Till now I haven't got any e-mail from Embassy. Guys, what could happen with my application? At delhi, they have mentioned six weeks for processing? When can I realistically expect my visa stamping to happen? I think I shouldn't be going for travel and health insurance until I receive some confirmation from embassy. 

Cheers


----------



## shawshank.kodi

dw.vaibhav said:


> Hi Every One,
> 
> I applied Jobseeker Visa in Aug,15 and received it on Oct,15. Right now I am in Germany and recently got a job as well. My experience was, yes If you have German language skills that's an added advantage but it is not a concentration here for technical jobs as there are many global companies which provide English speaking environment.
> 
> I would suggest every one who is seeking this visa to take it positively and come prepared. There is cultural difference in every thing even the way employer asses candidates. So if you are well prepared then getting job is just a matter of time.
> 
> If any of you need any information regarding process etc. you can contact me.


Hi Vaibhav,
As you also applied from Delhi, how many days it took for you from applying tol visa stamping? thanks


----------



## Dhinesh.Periyannan

shawshank.kodi said:


> Hi Guys,
> Thanks Vaibhav, Manish, Ankur and others who have helped me in filing my visa application.
> I went ahead and attended the interview on 29th Mar and the good news is that my application accepted..
> 
> Here at Delhi embassy, 2 sets of photocopies of all the documents mentioned in the checklist are required.. The interview went on just like a docs submission, not an interview as such..only one question was asked - why are you leaving your current job for job searching in Germany ..
> 
> Also they will inform if I need to submit blocked account, I gave them the icici bank statement.. They have clearly mentioned verification will be done for my marriage, birth certificates and tenth marks list.. they have put a sticker on the back of the originals, not to be removed before verification..
> 
> I may require to submit my kids Birth Certificates's next week, they will confirm later.. The documents submission went on for half an hour.
> 
> Till now I haven't got any e-mail from Embassy. Guys, what could happen with my application? At delhi, they have mentioned six weeks for processing? When can I realistically expect my visa stamping to happen? I think I shouldn't be going for travel and health insurance until I receive some confirmation from embassy.
> 
> Cheers


Congrats Shawshank.

As you have mentioned you have shown your bank statement, is that your income proof or any funds deposited purposely for the visa apart from the blocked account.


----------



## eesha

Hi I am also planning for Germany JSV requesting you to kindly let me know how to get it done qualification verification.


----------



## shawshank.kodi

Dhinesh.Periyannan said:


> Congrats Shawshank.
> 
> As you have mentioned you have shown your bank statement, is that your income proof or any funds deposited purposely for the visa apart from the blocked account.


Hi Dhinesh,
it is my income proof, embassy is interested in how the money is flowing in and out of your account for a certain period, my bank statement is for 6 months. 
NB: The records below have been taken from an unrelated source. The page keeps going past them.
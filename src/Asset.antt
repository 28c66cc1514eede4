-- ===== src/Asset.antt =====
-- internal/asset: the asset model, merging of observations, identities, and the manager.
pub mod Types
pub mod Identity
pub mod Merge
pub mod Extra
pub mod Observe
pub mod Infer
pub mod Shard
pub mod Lifecycle
pub mod Manager
pub mod Race
pub mod Interleaved
pub mod Tests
haven't received any e-mail from embassy about blocked account. But surprisingly the verification guy called me from mumbai and will visit my place at delhi this saturday, OMG, verification within a week of visa interview, not 8-12 weeks as they mentioned on website..

the verification guy requires the following: 

1) prefarably your present company HR/colleagues business card
2) payslips of all companies you have worked and also exp related letters,
3) the SDM/Collector's order to the municipality which issued your birth certificate

will update how it goes.


----------



## shawshank.kodi

eesha said:


> Hi I am also planning for Germany JSV requesting you to kindly let me know how to get it done qualification verification.


pls refer checklist for jobseeker visa
at German Missions in India - German National visas

Proof of academic qualification (from a German university or equivalent to a German academic degree, for recognition of non-german degrees kindly refer to www.anabin.de)
In case your degree is only partially equivalent (‘bedingt vergleichbar’) you are requested to get your degree recognized via http://www.kmk.org/zab/zeugnisbewertungen.html


----------



## Sonia_manish

*bank account details*

Hi All,

Please clarify:

1) Is blocked bank account mandatory?
2) Also do we have to open bank account in any german bank like deutsche bank? or our present salary account with sufficient funds will serve the purpose?


Regards.


----------



## dw.vaibhav

Hi,

I don't think that blocked account is mandatory and fund in your salary account should be fine. However in some cases embassy can ask for fund in blocked account. It has happen with some of applicants. But that happen only in rare cases.


----------



## shawshank.kodi

dw.vaibhav said:


> Hi,
> 
> I don't think that blocked account is mandatory and fund in your salary account should be fine. However in some cases embassy can ask for fund in blocked account. It has happen with some of applicants. But that happen only in rare cases.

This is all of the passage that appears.